Here’s what our architecture might look like visually:

Let’s do the math:  (1b users * 1024bytes) + (10b * 350bytes) =

1024000000000 + 3500000000000 = 4524000000000 = 4.524TB

Given the estimated users, their cars and their service records, we’ll be storing approximately 4.5TB of data in our database.   As stated previously, the goal in sizing MongoDB is to fit the working set into RAM.  So, to get an accurate assessment of the working set – we need to know how much of that 4.5TB will be accessed on a regular basis.

In many sizing exercises, we’re asked to estimateLet’s assume at any given time during any given day, approximately 30-40% of our user population is actively logged in and reviewing their data.  That would mean that we would have 35% * 1b users * 1024 bytes (user documents) plus 35% * 10b service docs * 350 bytes or…

(.35 * 1b * 1024) = 358400000000
plus
(.35 * 10b * 350) = 1225000000000
———————————————-
equals
1583400000000 or 1.6TB

The last bit of information we need to understand is the indexes we’ll maintain so that the application can swiftly, and efficiently access the data.  Let’s assume that for each People and each Service Record document we’ll create an index document that’s approximately 100bytes in size… or 11b * 100 bytes = 1.1TB

So our total working set will consist of 1.6TB of frequently accessed data and 1.1TB of index for a total working set size of 2.7TB.

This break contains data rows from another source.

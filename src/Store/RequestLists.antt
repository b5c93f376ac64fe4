-- ===== src/Store/RequestLists.antt =====
-- internal/store/store.go: ListRequestsByToken and StreamRequestsByToken. `like` is SQLite's LIKE
-- of a text with a pattern, an operator outside the repository.
use Prim.Native.String as NativeString
use hookwatch.Models.{Request, Time}
use hookwatch.Prelude.{
  Bool, List, Result, String, drop, err, if◌then◌else◌, leb, length, nat_eq, not, ok, pos, select,
  string_eq, take, to_upper, ℕ, ℤ, ◌&&◌, ◌==◌, ◌||◌,
}
use hookwatch.Store.Db.{Db, StoreError, driver, format_time, not_found, token_exists}
use hookwatch.Store.Listing.{normalize_limit, normalize_offset, sort_direction}
use hookwatch.Store.Order.{OrderBy}

-- RequestListParams; a time that is not set is 0.
pub record RequestListParams : Type 0 where
  pub limit : ℤ
  pub offset : ℤ
  pub sort_by : String
  pub order : String
  pub method : String
  pub ip : String
  pub search : String
  pub since : Time
  pub until : Time

-- A condition that is only set where its parameter is.
abbrev unless_empty : String → Bool → Bool
unless_empty s condition = s == "" || condition

-- The WHERE clause of both queries.
unfoldable pub matches_request :
    (String → String → Bool) → String → RequestListParams → Request → Bool
unfolding format_time
matches_request like token_id params req =
    req.token_id == token_id
    && unless_empty params.method (req.method == to_upper params.method)
    && unless_empty params.ip (req.ip == params.ip)
    && unless_empty params.search
        (like req.content (NativeString.◌++◌ "%" (NativeString.◌++◌ params.search "%")))
    && (params.since == 0 || leb (format_time params.since) req.created_at)
    && (params.until == 0 || leb req.created_at (format_time params.until))

pub record RequestPage : Type 0 where
  pub requests : List Request
  pub total : ℕ
  pub limit : ℕ
  pub offset : ℕ

-- Every column to sort by is "created_at" (requestSortColumn).
unfoldable pub request_page :
    OrderBy Request
    → (String → String → Bool)
    → String
    → RequestListParams
    → List Request
    → RequestPage
unfolding normalize_limit normalize_offset sort_direction matches_request
request_page order like token_id params requests =
    let rows = select (matches_request like token_id params) requests in
    record {
      requests = take (normalize_limit params.limit) (
          drop (normalize_offset params.offset)
            (order.sort (λ r. sort_direction params.order (pos r.created_at)) rows));
      total = length rows;
      limit = normalize_limit params.limit;
      offset = normalize_offset params.offset;
    }

unfoldable pub list_requests_by_token :
    OrderBy Request
    → (String → String → Bool)
    → Bool
    → String
    → RequestListParams
    → Db
    → Result StoreError RequestPage
unfolding request_page
list_requests_by_token order like fails token_id params db =
    if fails
    then err driver
    else if not (token_exists token_id db)
    then err not_found
    else ok (request_page order like token_id params db.requests)

-- The rows that the callback of StreamRequestsByToken is given, newest first.
unfoldable pub stream_requests_by_token :
    OrderBy Request
    → (String → String → Bool)
    → Bool
    → String
    → RequestListParams
    → Db
    → Result StoreError (List Request)
unfolding matches_request sort_direction
stream_requests_by_token order like fails token_id params db =
    if fails
    then err driver
    else if not (token_exists token_id db)
    then err not_found
    else ok (
        order.sort (λ r. sort_direction "desc" (pos r.created_at))
          (select (matches_request like token_id params) db.requests))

Application Read / Write Profile

Your application is going to be writing, updating, reading and deleting your MongoDB data.  Each of these activities is going to consume resource from the servers on which MongoDB is running.  Therefore, to ensure that the performance of MongoDB is going to be acceptable, we should really understand the nature of these actions.

How many reads?  How frequent?

Understanding how many reads, and what data you’ll be accessing as well as how frequently you’ll be reading is critical to ensure that your databases have enough memory to store these frequently accessed documents.

In many cases, knowing this will require estimation.  Here is where we’ll attempt to know the unknown.

In our example application, assume we’ll have an active user population of anywhere between 30% and 40% of the total number of users in our database, or 35% of 1 billion users which will be 350,000,000 users.  Let’s finish out the math.  With 350m users, that means MongoDB will be regularly accessing 350m user documents each approximately 1k in size.  Additionally, each user will likely be accessing their service records – so – 350m users – each having 3 cars with at least 5 service records – let’s assume each accessed the system, thereby causing the application to fetch all of their People documents (350m) and all of their Service Record Documents (3 cars * 5 service records each at 350bytes each).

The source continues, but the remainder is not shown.